(WHAT TO WORK ON) For the material below, output exactly the span from the line with "module _ (lib : Library) where" to the line with "start_video_if_needed-IsSafe d h", including both, and nothing besides.

■ ■ ■

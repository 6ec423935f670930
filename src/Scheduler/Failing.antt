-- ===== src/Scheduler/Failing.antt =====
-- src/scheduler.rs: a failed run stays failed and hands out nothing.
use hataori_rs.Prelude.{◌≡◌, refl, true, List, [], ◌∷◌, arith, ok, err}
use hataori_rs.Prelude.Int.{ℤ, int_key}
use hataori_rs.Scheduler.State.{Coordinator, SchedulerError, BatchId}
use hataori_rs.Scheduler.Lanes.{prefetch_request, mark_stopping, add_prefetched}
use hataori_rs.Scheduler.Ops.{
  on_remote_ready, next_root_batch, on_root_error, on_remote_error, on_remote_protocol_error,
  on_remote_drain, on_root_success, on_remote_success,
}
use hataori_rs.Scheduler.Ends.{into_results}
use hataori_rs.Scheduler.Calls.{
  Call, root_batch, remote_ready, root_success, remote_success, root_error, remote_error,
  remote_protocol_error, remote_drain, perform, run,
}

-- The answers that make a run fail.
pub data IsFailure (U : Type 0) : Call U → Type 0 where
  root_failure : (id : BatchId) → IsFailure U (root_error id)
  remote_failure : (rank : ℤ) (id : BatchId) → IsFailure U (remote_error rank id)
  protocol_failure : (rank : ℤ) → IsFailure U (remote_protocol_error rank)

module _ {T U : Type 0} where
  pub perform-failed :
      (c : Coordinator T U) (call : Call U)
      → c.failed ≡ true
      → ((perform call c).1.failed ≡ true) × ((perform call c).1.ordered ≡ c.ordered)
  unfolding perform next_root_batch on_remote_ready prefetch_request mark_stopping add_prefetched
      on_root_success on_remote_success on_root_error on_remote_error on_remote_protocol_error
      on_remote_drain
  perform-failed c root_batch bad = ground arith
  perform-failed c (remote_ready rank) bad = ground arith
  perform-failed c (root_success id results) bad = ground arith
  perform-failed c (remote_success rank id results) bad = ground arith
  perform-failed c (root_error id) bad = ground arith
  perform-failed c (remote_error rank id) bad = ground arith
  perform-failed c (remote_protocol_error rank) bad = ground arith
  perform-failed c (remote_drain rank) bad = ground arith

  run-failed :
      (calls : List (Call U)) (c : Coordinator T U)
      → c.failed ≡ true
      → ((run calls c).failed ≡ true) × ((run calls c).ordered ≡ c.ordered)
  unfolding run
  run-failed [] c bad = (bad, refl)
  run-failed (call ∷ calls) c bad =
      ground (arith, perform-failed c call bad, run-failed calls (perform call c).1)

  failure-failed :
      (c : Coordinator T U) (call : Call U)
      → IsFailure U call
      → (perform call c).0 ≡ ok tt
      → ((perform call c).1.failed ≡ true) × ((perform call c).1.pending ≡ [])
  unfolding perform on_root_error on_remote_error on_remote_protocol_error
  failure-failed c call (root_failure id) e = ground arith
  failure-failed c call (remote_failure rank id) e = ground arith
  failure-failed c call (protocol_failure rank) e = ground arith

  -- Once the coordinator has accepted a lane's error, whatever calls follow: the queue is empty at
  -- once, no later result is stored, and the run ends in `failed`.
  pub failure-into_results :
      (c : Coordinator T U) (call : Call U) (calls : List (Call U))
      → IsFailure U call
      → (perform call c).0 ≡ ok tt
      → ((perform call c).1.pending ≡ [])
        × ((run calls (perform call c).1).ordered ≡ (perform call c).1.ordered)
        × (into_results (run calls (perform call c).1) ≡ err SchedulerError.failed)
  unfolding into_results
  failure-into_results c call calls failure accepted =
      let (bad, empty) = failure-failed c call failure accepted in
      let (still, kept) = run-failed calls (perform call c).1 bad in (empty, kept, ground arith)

■ ■ ■

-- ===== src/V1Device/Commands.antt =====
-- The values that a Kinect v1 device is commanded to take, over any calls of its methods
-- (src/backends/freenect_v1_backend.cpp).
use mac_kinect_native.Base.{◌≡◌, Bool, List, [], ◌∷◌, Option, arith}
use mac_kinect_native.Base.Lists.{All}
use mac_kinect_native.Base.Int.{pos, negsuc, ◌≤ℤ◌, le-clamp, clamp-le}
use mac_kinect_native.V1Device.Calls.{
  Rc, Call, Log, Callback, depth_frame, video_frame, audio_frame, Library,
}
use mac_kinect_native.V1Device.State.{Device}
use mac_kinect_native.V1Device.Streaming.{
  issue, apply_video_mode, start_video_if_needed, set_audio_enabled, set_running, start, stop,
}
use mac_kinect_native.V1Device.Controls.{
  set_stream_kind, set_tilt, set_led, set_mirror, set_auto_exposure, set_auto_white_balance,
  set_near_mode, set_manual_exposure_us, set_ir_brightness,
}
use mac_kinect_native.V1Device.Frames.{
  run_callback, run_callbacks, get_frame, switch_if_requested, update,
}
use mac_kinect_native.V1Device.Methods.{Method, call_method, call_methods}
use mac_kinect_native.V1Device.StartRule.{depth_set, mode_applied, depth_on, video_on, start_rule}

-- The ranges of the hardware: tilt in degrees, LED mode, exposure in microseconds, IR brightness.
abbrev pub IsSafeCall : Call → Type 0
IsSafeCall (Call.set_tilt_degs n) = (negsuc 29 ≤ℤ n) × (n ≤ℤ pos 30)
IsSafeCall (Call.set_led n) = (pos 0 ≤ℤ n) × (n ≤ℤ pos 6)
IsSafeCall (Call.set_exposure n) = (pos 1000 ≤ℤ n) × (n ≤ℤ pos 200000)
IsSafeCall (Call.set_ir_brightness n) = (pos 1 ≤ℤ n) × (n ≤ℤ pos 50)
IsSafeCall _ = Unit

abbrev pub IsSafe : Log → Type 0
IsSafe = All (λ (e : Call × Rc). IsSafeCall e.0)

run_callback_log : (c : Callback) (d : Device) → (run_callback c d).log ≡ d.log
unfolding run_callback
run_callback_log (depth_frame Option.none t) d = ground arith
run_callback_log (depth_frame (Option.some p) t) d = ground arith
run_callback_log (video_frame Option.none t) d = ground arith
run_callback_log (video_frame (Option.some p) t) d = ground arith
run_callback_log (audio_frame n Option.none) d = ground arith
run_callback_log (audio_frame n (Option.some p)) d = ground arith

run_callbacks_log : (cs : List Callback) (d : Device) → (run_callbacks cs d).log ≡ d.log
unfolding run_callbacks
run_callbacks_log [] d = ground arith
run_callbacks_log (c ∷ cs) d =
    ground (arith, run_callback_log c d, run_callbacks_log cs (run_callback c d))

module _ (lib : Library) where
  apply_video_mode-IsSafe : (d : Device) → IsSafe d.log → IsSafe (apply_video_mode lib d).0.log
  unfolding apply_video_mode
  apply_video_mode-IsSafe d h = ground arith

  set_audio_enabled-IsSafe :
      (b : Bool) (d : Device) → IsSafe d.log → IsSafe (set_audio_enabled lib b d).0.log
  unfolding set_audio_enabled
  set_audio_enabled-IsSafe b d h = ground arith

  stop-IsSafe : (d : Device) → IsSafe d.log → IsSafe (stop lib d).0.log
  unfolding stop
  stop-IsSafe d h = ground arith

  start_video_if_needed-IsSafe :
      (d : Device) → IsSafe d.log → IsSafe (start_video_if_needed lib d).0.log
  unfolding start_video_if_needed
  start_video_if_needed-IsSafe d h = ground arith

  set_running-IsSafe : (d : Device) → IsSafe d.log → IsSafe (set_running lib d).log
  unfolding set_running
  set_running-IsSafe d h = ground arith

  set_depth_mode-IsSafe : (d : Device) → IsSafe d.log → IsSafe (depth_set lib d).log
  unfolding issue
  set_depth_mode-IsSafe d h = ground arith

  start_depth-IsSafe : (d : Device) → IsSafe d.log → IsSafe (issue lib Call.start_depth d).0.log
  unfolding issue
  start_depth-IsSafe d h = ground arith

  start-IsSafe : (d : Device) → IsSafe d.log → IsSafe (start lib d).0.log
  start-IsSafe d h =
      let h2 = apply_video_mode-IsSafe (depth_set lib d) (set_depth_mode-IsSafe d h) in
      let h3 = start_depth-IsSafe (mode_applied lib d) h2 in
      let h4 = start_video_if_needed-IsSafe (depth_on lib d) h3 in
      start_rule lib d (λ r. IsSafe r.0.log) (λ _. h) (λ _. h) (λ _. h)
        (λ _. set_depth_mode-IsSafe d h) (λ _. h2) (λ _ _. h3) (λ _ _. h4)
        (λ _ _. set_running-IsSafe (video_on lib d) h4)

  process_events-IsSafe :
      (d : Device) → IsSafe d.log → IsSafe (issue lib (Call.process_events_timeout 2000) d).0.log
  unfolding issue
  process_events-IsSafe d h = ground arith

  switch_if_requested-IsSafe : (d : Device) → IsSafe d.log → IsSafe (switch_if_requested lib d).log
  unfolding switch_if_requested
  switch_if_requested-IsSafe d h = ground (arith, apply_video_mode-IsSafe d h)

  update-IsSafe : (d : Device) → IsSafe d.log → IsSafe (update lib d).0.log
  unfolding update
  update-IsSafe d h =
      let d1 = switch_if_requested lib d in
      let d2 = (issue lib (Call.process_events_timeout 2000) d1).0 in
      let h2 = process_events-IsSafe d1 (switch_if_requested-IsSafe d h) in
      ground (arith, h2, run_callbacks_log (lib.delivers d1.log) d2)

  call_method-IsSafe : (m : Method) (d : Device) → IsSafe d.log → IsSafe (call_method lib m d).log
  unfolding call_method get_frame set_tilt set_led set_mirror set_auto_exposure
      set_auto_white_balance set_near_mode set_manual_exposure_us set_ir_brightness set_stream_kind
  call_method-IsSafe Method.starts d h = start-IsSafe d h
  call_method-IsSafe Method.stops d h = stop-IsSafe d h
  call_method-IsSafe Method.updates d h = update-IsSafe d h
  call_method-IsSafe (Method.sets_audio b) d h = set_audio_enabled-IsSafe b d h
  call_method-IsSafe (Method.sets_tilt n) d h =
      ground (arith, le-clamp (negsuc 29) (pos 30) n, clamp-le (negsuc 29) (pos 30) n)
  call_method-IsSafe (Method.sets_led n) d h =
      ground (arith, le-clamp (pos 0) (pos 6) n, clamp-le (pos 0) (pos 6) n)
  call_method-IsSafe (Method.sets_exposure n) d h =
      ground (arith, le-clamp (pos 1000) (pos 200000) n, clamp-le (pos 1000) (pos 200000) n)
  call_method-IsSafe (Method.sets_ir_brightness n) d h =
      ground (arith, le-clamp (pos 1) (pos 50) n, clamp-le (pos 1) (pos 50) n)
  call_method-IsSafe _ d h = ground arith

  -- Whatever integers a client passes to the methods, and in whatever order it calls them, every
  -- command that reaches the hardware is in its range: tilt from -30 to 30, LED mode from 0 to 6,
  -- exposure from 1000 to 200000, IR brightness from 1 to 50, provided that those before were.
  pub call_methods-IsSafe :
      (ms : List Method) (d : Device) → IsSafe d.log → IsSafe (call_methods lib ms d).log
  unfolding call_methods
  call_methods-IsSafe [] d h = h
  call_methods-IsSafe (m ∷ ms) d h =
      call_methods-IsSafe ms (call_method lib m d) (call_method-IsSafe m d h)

■ ■ ■

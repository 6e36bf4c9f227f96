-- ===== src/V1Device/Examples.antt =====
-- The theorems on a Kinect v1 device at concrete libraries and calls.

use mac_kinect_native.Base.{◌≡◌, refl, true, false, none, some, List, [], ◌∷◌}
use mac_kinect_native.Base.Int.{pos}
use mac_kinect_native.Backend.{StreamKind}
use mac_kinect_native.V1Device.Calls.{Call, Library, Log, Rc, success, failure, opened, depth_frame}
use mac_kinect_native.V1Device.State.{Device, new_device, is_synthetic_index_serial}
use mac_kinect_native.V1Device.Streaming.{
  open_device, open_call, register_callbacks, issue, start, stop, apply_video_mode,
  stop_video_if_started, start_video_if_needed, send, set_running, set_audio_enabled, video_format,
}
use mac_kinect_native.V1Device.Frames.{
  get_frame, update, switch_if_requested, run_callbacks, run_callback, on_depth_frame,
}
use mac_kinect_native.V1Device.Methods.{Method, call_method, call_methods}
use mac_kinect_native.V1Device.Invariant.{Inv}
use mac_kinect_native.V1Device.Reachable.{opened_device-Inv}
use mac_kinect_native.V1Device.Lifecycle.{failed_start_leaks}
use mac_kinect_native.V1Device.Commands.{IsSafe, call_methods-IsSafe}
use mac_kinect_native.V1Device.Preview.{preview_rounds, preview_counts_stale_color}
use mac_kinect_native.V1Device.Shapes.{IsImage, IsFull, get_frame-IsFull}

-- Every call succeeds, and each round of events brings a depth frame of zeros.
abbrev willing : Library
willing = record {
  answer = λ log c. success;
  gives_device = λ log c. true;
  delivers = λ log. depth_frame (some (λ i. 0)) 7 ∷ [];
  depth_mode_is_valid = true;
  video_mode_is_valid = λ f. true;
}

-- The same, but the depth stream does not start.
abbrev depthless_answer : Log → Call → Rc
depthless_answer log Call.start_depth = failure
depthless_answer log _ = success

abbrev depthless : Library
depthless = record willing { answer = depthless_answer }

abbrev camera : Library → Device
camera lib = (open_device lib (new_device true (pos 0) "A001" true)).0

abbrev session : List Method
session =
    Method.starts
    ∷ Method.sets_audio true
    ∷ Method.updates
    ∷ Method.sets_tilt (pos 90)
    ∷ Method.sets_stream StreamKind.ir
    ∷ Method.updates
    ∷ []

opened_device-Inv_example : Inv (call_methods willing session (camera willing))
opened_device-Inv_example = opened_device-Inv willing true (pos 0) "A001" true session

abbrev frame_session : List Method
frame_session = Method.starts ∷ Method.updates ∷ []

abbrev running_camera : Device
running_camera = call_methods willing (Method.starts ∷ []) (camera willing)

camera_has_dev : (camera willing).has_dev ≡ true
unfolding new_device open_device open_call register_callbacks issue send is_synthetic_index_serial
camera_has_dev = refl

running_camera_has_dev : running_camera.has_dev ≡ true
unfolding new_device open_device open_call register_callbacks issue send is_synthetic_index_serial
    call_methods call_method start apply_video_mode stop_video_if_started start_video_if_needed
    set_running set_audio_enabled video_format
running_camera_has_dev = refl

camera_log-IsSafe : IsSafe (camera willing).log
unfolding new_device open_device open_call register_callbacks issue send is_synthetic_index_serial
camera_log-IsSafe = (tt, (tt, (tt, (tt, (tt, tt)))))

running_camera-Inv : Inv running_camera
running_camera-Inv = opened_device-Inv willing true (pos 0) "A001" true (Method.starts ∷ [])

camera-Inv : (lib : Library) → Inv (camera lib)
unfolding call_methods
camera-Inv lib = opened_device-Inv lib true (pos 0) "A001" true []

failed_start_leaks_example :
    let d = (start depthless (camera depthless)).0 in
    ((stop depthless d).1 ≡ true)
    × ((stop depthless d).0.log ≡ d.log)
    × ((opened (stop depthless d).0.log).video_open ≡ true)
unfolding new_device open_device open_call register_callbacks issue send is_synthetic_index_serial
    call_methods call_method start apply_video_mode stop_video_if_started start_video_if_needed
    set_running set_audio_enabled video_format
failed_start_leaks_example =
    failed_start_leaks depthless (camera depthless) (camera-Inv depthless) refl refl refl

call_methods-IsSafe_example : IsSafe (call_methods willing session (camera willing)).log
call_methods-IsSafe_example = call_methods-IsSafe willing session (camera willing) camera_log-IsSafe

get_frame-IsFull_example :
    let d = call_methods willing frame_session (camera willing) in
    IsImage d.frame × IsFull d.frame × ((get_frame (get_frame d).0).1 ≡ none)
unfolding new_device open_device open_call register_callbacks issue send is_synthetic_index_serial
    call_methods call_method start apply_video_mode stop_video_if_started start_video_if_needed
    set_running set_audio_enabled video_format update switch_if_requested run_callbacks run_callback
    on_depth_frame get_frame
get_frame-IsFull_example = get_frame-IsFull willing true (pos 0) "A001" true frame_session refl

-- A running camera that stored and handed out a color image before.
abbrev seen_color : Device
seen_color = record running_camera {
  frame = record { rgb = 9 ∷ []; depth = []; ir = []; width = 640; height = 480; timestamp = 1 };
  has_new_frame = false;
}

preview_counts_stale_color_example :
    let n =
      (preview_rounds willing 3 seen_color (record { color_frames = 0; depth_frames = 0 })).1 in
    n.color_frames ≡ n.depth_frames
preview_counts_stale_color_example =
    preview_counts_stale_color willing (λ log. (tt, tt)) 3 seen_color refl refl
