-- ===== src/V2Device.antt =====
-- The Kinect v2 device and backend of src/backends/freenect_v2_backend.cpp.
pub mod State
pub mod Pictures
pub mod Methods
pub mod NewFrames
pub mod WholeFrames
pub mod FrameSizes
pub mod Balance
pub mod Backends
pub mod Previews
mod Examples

■ ■ ■

(EXERCISE RESPONSE)
module _ (lib : Library) where
  apply_video_mode-IsSafe : (d : Device) → IsSafe d.log → IsSafe (apply_video_mode lib d).0.log
  unfolding apply_video_mode
  apply_video_mode-IsSafe d h = ground arith

  set_audio_enabled-IsSafe :
      (b : Bool) (d : Device) → IsSafe d.log → IsSafe (set_audio_enabled lib b d).0.log
  unfolding set_audio_enabled
  set_audio_enabled-IsSafe b d h = ground arith

  stop-IsSafe : (d : Device) → IsSafe d.log → IsSafe (stop lib d).0.log
  unfolding stop
  stop-IsSafe d h = ground arith

  start_video_if_needed-IsSafe :
      (d : Device) → IsSafe d.log → IsSafe (start_video_if_needed lib d).0.log
  unfolding start_video_if_needed
  start_video_if_needed-IsSafe d h = ground arith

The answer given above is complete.